Fantozzi va in campeggio

Il ragionier Fantozzi e il collega Fracchia decidono di trascorrere qualche giorno in campeggio, ma la vacanza «alternativa» a contatto con la natura si rivelerà piena di insidie per i due sprovveduti impiegati, in un crescendo di tragicomiche disavventure.

Fantozzi per sfuggire alle tagliole dell’organizzazione ha pensato di vivere una libera vacanza in campeggio a contatto con la natura, lontano da alberghi e itinerari consigliati. Si è comprato allora una tenda.
Mai decisione fu più tragica.
Dopo una settimana di «allenamento» nel cortile del collega Fracchia, i due, sentendosi ormai maturi per un campeggio regolare, partirono.
Nel sedile posteriore dell’utilitaria di Fantozzi la tenda era un pacchettino piccolo e meraviglioso. I due la guardavano con orgoglio e quando pensavano ai poveretti che sarebbero caduti nella trappola di un «giro organizzato alberghi compresi» ridevano forte, nonostante la pioggia implacabile delle loro due «nuvole da impiegati» che batteva sui vetri della macchina. Incrociarono molte corriere di impiegati inseguite da temporali isolati e anche potenti cilindrate di megapresidenti che volavano in riquadri di sole. Fantozzi per un sorpasso in curva fu frustato in un autogrill da due agenti della stradale, di fronte a una folla spaventata. A causa di questo umiliante contrattempo, i due arrivarono a un camping pieno di turisti tedeschi a notte fonda.
Aprirono il pacchetto e cominciarono fischiettando i lavori. Furono severamente ammoniti dal guardiano che fece loro presente che il sonno degli altri campeggiatori andava rispettato. Si sentiva solo il picchettìo del martello di Fracchia che piantava i pioli reggitenda. Era un rumore metallico e ritmico che nei campeggi era tollerato.

Tinn… tinn… faceva il martello e i due si sentivano inseriti nel novero dei campeggiatori professionisti.
Tup! Fece il martello centrando il pollice di Fantozzi che reggeva i pioli mentre Fracchia maneggiava abilmente il martello. Fantozzi si ricordò che non erano ammessi rumori e si avventò per un chilometro nella boscaglia e solo quando fu fuori portata di voce squarciò la notte con un ululato preistorico.
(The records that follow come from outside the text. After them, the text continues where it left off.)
-- ===== src/Tests/Pair.antt =====
-- A column of two rows in one block.
use mathlib.Core.Path.{subst}
use postgres_vectorization_t.Prelude.{
  Bytes, List, Option, [], false, get_elem?, none, refl, some, suc, true, zero, ℕ, ◌%◌, ◌/◌, ◌∷◌,
  ◌≡◌,
}
use postgres_vectorization_t.Rows.{empty_node}
use postgres_vectorization_t.Rows.Counts.{block_rows}
use postgres_vectorization_t.Rows.Holds.{ColumnHolds, IsBlock, IsCounted, cell_at, cell_in}
use postgres_vectorization_t.Tests.Instances.{int4_column, macros, seven, seven-IsSized}
use postgres_vectorization_t.Types.{ColumnBlockData, ColumnBlockSkipNode, ColumnData}

abbrev pub pair_block : ColumnBlockData Bytes
pair_block = record { exists_array = true ∷ false ∷ []; value_array = seven ∷ [] ∷ [] }

abbrev pub pair_node : ColumnBlockSkipNode Bytes
pair_node = record (empty_node macros) { row_count = 2 }

abbrev pub pair_column : ColumnData Bytes
pair_column = record { block_data_array = pair_block ∷ [] }

abbrev pub pair_cells : List (Option Bytes)
pair_cells = some seven ∷ none ∷ []

pub pair_IsBlock : IsBlock macros int4_column 2 pair_block
pair_IsBlock = record { exists_size = refl; value_size = refl; present = (seven-IsSized, tt) }

pair_block-IsBlock :
    (b : ℕ) (block : ColumnBlockData Bytes)
    → get_elem? (pair_block ∷ []) b ≡ some block
    → IsBlock macros int4_column 2 block
pair_block-IsBlock zero block e =
    let same : pair_block ≡ block = cc in subst (IsBlock macros int4_column 2) same pair_IsBlock
pair_block-IsBlock (suc b) block e = cc

pair_cells_held :
    (i : ℕ) (cell : Option Bytes)
    → get_elem? pair_cells i ≡ some cell
    → cell_at macros pair_column (i / 2) (i % 2) ≡ some cell
unfolding cell_at cell_in
pair_cells_held zero cell e = e
pair_cells_held (suc zero) cell e = e
pair_cells_held (suc (suc i)) cell e = cc

pair_node-IsCounted :
    (b : ℕ) (one : ColumnBlockSkipNode Bytes)
    → get_elem? (pair_node ∷ []) b ≡ some one
    → IsCounted macros 2 2 b one
unfolding block_rows
pair_node-IsCounted zero one e =
    let same : pair_node ≡ one = cc in
    subst (IsCounted macros 2 2 0) same
      (record { counted = refl; no_limits = refl; no_minimum = refl; no_maximum = refl })
pair_node-IsCounted (suc b) one e = cc

pub pair_column_holds : ColumnHolds macros int4_column 2 1 pair_cells pair_column (pair_node ∷ [])
pair_column_holds = record {
  block_total = refl;
  node_total = refl;
  blocks = pair_block-IsBlock;
  held = pair_cells_held;
  nodes_counted = pair_node-IsCounted;
}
Tornò dopo mezz’ora con un pollice da «marina» e sussurrò a Fracchia: – Stia attento, porca miseria, mi ha smontato la mano.
E nel buio gli offrì una sigaretta per mostrargli che non gli serbava rancore.

Fantozzi– Tenga – bisbigliò.
Fracchia pensò che gli passasse un altro piolo da piantare e lo centrò con un’altra tremenda martellata sulle nocche. Fantozzi si avventò nuovamente nella boscaglia. Tornò all’alba e alzarono la tenda.
Dormirono male nei lettini da campeggio, i quali hanno la sinistra caratteristica, durante la notte, di stringersi e accorciarsi, stringersi e accorciarsi fino a diventare delle sottili listarelle sulle quali si devono compiere miracoli di equilibrio. Alle otto del mattino la tenda lentamente si afflosciò. I nostri si dibatterono per venti minuti sotto gli occhi esterrefatti degli abilissimi campeggiatori tedeschi, come Laocoonte, i figli e i serpenti nel groviglio della tenda, poi cominciarono a gridare: – Aiuto… aiuto…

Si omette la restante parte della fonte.